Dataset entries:
>>>>>
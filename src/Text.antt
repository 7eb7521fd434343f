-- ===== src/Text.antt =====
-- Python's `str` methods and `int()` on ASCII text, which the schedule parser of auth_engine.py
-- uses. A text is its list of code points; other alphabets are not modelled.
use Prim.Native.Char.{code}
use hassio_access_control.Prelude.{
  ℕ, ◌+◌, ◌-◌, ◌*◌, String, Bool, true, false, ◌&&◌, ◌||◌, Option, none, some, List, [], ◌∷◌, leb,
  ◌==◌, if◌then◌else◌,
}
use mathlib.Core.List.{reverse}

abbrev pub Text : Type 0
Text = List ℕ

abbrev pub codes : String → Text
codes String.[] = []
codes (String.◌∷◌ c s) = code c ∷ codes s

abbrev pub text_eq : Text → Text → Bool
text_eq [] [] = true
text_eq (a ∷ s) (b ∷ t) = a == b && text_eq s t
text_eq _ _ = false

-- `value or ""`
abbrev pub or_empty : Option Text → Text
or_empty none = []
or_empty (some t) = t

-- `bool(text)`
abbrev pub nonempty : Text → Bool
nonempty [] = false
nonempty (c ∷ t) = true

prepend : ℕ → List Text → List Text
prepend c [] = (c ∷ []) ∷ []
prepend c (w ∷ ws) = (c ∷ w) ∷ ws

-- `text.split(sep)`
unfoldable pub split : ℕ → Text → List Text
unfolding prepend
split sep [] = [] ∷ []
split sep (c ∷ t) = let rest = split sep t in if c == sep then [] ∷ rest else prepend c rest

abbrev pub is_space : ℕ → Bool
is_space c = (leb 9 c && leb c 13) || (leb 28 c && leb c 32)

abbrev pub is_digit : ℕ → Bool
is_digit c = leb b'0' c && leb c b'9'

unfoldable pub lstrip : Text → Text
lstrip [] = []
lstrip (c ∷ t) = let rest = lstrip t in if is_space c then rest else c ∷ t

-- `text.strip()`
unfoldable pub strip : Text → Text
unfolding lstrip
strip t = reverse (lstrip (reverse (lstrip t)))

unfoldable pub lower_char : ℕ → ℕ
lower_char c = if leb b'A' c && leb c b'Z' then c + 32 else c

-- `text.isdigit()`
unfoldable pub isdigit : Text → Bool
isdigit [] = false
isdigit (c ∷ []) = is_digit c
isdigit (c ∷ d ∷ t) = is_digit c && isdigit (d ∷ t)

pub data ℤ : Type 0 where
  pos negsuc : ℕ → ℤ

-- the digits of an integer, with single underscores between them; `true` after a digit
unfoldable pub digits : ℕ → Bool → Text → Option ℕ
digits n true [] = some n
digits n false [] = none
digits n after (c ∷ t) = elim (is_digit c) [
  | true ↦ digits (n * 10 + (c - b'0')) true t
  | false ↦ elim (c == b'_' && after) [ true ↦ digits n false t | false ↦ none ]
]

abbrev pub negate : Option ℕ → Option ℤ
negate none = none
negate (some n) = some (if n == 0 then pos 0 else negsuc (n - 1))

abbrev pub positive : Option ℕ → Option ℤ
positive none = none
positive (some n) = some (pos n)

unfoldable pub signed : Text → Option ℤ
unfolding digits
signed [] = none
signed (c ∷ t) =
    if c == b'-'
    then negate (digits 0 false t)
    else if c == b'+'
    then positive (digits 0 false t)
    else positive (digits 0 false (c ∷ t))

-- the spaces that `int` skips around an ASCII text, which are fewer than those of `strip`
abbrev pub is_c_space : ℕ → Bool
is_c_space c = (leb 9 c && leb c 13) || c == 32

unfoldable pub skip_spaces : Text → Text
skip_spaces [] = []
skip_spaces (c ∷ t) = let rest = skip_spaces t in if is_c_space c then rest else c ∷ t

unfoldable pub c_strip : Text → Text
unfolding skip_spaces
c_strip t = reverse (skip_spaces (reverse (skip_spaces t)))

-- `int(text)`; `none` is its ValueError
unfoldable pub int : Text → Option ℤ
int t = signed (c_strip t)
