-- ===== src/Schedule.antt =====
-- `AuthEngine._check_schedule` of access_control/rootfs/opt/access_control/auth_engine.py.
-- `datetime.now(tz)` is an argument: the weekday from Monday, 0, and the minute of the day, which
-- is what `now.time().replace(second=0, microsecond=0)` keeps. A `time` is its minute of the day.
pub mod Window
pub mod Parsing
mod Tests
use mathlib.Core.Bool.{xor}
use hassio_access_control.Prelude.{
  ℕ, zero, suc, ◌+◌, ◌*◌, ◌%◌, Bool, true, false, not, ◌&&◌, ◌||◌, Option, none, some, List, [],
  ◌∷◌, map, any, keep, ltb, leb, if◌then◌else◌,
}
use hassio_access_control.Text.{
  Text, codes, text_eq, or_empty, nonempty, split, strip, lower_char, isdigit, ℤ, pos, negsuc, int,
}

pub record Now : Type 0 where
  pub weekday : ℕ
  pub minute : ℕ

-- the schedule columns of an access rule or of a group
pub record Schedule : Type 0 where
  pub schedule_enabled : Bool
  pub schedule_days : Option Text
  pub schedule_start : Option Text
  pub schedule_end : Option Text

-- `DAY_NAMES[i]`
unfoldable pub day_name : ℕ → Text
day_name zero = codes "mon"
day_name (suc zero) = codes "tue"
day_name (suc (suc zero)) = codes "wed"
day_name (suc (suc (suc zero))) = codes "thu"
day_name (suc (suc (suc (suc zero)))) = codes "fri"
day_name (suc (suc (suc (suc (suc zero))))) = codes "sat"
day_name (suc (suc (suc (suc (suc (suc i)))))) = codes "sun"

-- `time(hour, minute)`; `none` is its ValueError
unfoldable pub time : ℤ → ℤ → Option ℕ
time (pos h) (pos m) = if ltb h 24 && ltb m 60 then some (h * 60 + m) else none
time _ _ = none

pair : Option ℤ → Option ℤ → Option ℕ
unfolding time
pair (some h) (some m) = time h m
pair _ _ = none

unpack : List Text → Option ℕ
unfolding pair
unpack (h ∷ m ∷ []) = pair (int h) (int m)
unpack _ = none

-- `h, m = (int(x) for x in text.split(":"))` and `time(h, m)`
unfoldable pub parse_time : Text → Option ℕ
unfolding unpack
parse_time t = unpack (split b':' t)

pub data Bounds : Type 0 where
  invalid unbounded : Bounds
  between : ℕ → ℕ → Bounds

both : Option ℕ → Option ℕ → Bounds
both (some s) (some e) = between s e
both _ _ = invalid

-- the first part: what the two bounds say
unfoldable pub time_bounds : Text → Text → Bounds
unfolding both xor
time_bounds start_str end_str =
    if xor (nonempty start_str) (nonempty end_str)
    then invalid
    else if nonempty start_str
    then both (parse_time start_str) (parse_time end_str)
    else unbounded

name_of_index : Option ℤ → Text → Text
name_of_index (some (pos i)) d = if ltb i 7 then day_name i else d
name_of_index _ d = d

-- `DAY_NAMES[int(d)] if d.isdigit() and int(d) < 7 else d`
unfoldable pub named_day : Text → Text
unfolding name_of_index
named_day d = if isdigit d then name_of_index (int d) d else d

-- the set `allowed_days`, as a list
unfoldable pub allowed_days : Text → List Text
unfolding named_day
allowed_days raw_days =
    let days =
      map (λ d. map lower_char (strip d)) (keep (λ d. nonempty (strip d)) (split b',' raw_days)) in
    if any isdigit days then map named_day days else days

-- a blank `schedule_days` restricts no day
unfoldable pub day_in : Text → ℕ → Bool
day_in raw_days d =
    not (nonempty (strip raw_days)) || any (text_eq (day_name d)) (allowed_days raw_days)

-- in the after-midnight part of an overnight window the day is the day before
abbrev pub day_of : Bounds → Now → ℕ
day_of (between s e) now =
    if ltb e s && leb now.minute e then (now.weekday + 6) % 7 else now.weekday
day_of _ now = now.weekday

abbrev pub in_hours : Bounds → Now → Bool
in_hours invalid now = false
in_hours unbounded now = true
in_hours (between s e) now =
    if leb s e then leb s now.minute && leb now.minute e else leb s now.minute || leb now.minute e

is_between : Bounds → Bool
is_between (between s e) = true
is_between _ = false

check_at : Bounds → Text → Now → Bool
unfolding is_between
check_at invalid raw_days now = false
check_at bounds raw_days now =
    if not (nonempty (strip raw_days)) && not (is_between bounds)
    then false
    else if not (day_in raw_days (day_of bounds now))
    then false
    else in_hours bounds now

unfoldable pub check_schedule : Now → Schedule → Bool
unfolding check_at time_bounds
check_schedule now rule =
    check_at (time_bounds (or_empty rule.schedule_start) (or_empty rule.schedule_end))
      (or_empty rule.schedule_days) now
<<<<<
◆ **WORK TASK**: From the data above, output exactly the lines between the one containing "not (nonempty (strip raw_days)) ||" and the one containing "in_hours (between s", counting both of them.

◆ **TASK OUTPUT**:
    not (nonempty (strip raw_days)) || any (text_eq (day_name d)) (allowed_days raw_days)

-- in the after-midnight part of an overnight window the day is the day before
abbrev pub day_of : Bounds → Now → ℕ
day_of (between s e) now =
    if ltb e s && leb now.minute e then (now.weekday + 6) % 7 else now.weekday
day_of _ now = now.weekday

abbrev pub in_hours : Bounds → Now → Bool
in_hours invalid now = false
in_hours unbounded now = true
in_hours (between s e) now =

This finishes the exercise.